(Data extracted from a collection)
==========

-- ===== src/Devices/Http.antt =====
-- internal/devices/http.go: the registry over HTTP. The request's body is what the JSON decoder makes
-- of it, `none` where it refuses it; the text null is taken, as no keys. The path is a clean one:
-- http.ServeMux redirects the others, and gives a path that no pattern matches a 404.
pub mod Answers
use job_scheduler_tooling.Prelude.{
  ℕ, String, Bool, true, false, not, ◌&&◌, List, Option, none, some, str_eq, if◌then◌else◌,
}
use job_scheduler_tooling.Prelude.Dict.{Dict}
use job_scheduler_tooling.Text.{after_prefix, cut}
use job_scheduler_tooling.Queue.{Time}
use job_scheduler_tooling.Devices.{Entry}
use job_scheduler_tooling.Devices.Registry.{Registry, status, list, set_config_of, retry_of}

pub record Request : Type 0 where
  pub method : String
  pub path : String
  pub body : Option (Dict String)

pub data Payload : Type 0 where
  statuses : List Entry → Payload
  one_status : Entry → Payload
  version : ℕ → Payload
  message : String → Payload
  no_body : Payload

pub record Response : Type 0 where
  pub code : ℕ
  pub payload : Payload

abbrev pub fails : ℕ → String → Response
fails code text = record { code = code; payload = message text }

unfoldable pub get_device : String → Registry → Response
get_device id r = elim (status id r) [
  | none ↦ fails 404 "unknown device"
  | some e ↦ record { code = 200; payload = one_status e }
]

-- What a call that may not know the device answers.
abbrev pub answer_version : Registry × Option ℕ → Registry × Response
answer_version (r, none) = (r, fails 404 "unknown device")
answer_version (r, some v) = (r, record { code = 202; payload = version v })

abbrev pub answer_retry : Registry × Bool → Registry × Response
answer_retry (r, false) = (r, fails 404 "unknown device")
answer_retry (r, true) = (r, record { code = 202; payload = no_body })

unfoldable pub put_config : Time → String → Option (Dict String) → Registry → Registry × Response
put_config now id none r = (r, fails 400 "body must be a JSON object of string values")
put_config now id (some cfg) r = answer_version (set_config_of now id cfg r)

-- The handler of "/devices/", the prefix taken off.
unfoldable pub device_handler : Time → Request → String → Registry → Registry × Response
device_handler now req rest r =
    let (id, sub) = cut b'/' rest in
    if str_eq req.method "GET" && str_eq sub ""
    then (r, get_device id r)
    else if str_eq req.method "PUT" && str_eq sub "config"
    then put_config now id req.body r
    else if str_eq req.method "POST" && str_eq sub "retry"
    then answer_retry (retry_of id r)
    else (r, fails 404 "not found")

unfoldable pub list_handler : Request → Registry → Response
list_handler req r =
    if not (str_eq req.method "GET")
    then fails 405 "method not allowed"
    else record { code = 200; payload = statuses (list r) }

-- Handler.
unfoldable pub handle : Time → Request → Registry → Registry × Response
handle now req r =
    if str_eq req.path "/devices"
    then (r, list_handler req r)
    else elim (after_prefix "/devices/" req.path) [
      | none ↦ (r, fails 404 "404 page not found")
      | some rest ↦ device_handler now req rest r
    ]
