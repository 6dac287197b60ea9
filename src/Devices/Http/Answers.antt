-- ===== src/Devices/Http/Answers.antt =====
-- What the requests of internal/devices/http.go do.
use job_scheduler_tooling.Prelude.{
  ℕ, ◌+◌, ◌≡◌, ◌≢◌, ◌⊎◌, ◌∙◌, ◌==◌, inl, inr, refl, ap, String, Bool, true, false, not, ◌&&◌,
  Option, none, some, arith, ◌+++◌, str_eq, eq_iff, ==_iff, if_split, option_split,
}
use job_scheduler_tooling.Prelude.Dict.{Dict, lookup}
use job_scheduler_tooling.Text.{after_prefix, cut, after_prefix_sound, cut_slash}
use job_scheduler_tooling.Queue.{Time}
use job_scheduler_tooling.Devices.{Entry, set_config, ensure_loop}
use job_scheduler_tooling.Devices.Registry.{
  Registry, status, set_config_of, set_config_found, retry_of,
}
use job_scheduler_tooling.Devices.Http.{
  Request, Response, version, get_device, answer_version, answer_retry, put_config, device_handler,
  list_handler, handle,
}

-- The requests that may change a device.
abbrev pub IsPut : Request → String → Dict String → Type 0
IsPut req id cfg =
    (req.method ≡ "PUT")
    × (req.path ≡ "/devices/" +++ (id +++ ("/" +++ "config")))
    × (req.body ≡ some cfg)

abbrev pub IsRetry : Request → String → Type 0
IsRetry req id = (req.method ≡ "POST") × (req.path ≡ "/devices/" +++ (id +++ ("/" +++ "retry")))

-- What an accepted request has done.
abbrev pub Accepts : Time → Request → Registry → Registry × Response → Type 0
Accepts now req r (r', response) =
    (id : String) × (e : Entry) × (status id r ≡ some e)
    × (((cfg : Dict String) × IsPut req id cfg
          × (r' ≡ (set_config_of now id cfg r).0)
          × (response.payload ≡ version (e.desired_version + 1)))
        ⊎ (IsRetry req id × (r' ≡ (retry_of id r).0)))

abbrev pub Answers : Time → Request → Registry → Registry × Response → Type 0
Answers now req r (r', response) =
    ((response.code ≡ 202) × Accepts now req r (r', response)) ⊎ ((response.code ≢ 202) × (r' ≡ r))

not_202 : (code : ℕ) → (code == 202) ≡ false → code ≢ 202
not_202 code h e = cc ((==_iff code 202).1 e, h)

-- A path below a device.
below_device :
    (rest sub : String)
    → str_eq (cut b'/' rest).1 sub ≡ true
    → str_eq "" sub ≡ false
    → rest ≡ (cut b'/' rest).0 +++ ("/" +++ sub)
below_device rest sub h some_sub =
    let same : (cut b'/' rest).1 ≡ sub = (eq_iff _ _).0 h in
    elim (cut_slash rest) [
      | inl none_after ↦ absurd (cc (h, none_after, some_sub))
      | inr split ↦ split ∙ ap (λ t. (cut b'/' rest).0 +++ ("/" +++ t)) same
    ]

put-Answers :
    (now : Time) (req : Request) (id : String) (body : Option (Dict String)) (r : Registry)
    → req.body ≡ body
    → req.method ≡ "PUT"
    → req.path ≡ "/devices/" +++ (id +++ ("/" +++ "config"))
    → Answers now req r (put_config now id body r)
unfolding put_config
put-Answers now req id none r is method path = inr (not_202 400 refl, refl)
put-Answers now req id (some cfg) r is method path = found (lookup id r.devs) refl
  where
    found :
        (o : Option Entry)
        → lookup id r.devs ≡ o
        → Answers now req r (answer_version (set_config_of now id cfg r))
    found none at = unfold set_config_of set_config_found in rw at (inr (not_202 404 refl, refl))
    found (some e) at =
        unfold set_config_of set_config_found status set_config ensure_loop in
        rw at (inl (refl, (id, e, at, inl (cfg, (method, path, is), rw at refl, refl))))

retry-Answers :
    (now : Time) (req : Request) (id : String) (r : Registry)
    → req.method ≡ "POST"
    → req.path ≡ "/devices/" +++ (id +++ ("/" +++ "retry"))
    → Answers now req r (answer_retry (retry_of id r))
unfolding retry_of status
retry-Answers now req id r method path =
    option_split (λ (x : Registry × Bool). Answers now req r (answer_retry x)) (lookup id r.devs)
      (λ _. inr (not_202 404 refl, refl))
      (λ e at. inl (refl, (id, e, at, inr ((method, path), rw (at, retry_of) refl))))

get_device-code : (id : String) (r : Registry) → (get_device id r).code ≢ 202
unfolding get_device
get_device-code id r =
    option_split (λ (p : Response). p.code ≢ 202) (status id r) (λ _. not_202 404 refl)
      (λ e _. not_202 200 refl)

list_handler-code : (req : Request) (r : Registry) → (list_handler req r).code ≢ 202
unfolding list_handler
list_handler-code req r =
    if_split (λ (p : Response). p.code ≢ 202) (not (str_eq req.method "GET"))
      (λ _. not_202 405 refl) (λ _. not_202 200 refl)

device-Answers :
    (now : Time) (req : Request) (rest : String) (r : Registry)
    → req.path ≡ "/devices/" +++ rest
    → Answers now req r (device_handler now req rest r)
unfolding device_handler
device-Answers now req rest r path =
    let (id, sub) = cut b'/' rest in
    if_split (Answers now req r) (str_eq req.method "GET" && str_eq sub "")
      (λ _. inr (get_device-code id r, refl))
      (λ _.
        if_split (Answers now req r) (str_eq req.method "PUT" && str_eq sub "config")
          (λ h.
            put-Answers now req id req.body r refl ((eq_iff req.method "PUT").0 (ground (arith, h)))
              (path
                ∙ ap (λ t. "/devices/" +++ t)
                    (below_device rest "config" (ground (arith, h)) refl)))
          (λ _.
            if_split (Answers now req r) (str_eq req.method "POST" && str_eq sub "retry")
              (λ h. retry-Answers now req id r ((eq_iff req.method "POST").0 (ground (arith, h))) (
                path
                ∙ ap (λ t. "/devices/" +++ t) (below_device rest "retry" (ground (arith, h)) refl)))
              (λ _. inr (not_202 404 refl, refl))))

-- Every request is either accepted or leaves the registry as it is. It is answered with 202 only when
-- it is a PUT of a body that the decoder takes to /devices/ID/config, or a POST to /devices/ID/retry,
-- of a registered device; the registry is then what SetConfig with that body, or Retry, of that
-- device makes of it, and a PUT is told the version after the desired one. With any other answer, and
-- so for another method, path or body and for an unknown device, the registry is as it was.
pub handle-Answers :
    (now : Time) (req : Request) (r : Registry) → Answers now req r (handle now req r)
unfolding handle
handle-Answers now req r =
    if_split (Answers now req r) (str_eq req.path "/devices")
      (λ _. inr (list_handler-code req r, refl))
      (λ _.
        option_split (Answers now req r) (after_prefix "/devices/" req.path)
          (λ _. inr (not_202 404 refl, refl))
          (λ rest at.
            device-Answers now req rest r (after_prefix_sound "/devices/" req.path rest at)))

abbrev pub put_request : String → Dict String → Request
put_request id cfg = record {
  method = "PUT";
  path = "/devices/" +++ (id +++ ("/" +++ "config"));
  body = some cfg;
}

abbrev pub retry_request : String → Request
retry_request id = record {
  method = "POST";
  path = "/devices/" +++ (id +++ ("/" +++ "retry"));
  body = none;
}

==========

### YOUR INSTRUCTIONS
All lines that hold the word "makes" should be copied from the data.

### WRITTEN RESPONSE
-- internal/devices/http.go: the registry over HTTP. The request's body is what the JSON decoder makes
-- device makes of it, and a PUT is told the version after the desired one. With any other answer, and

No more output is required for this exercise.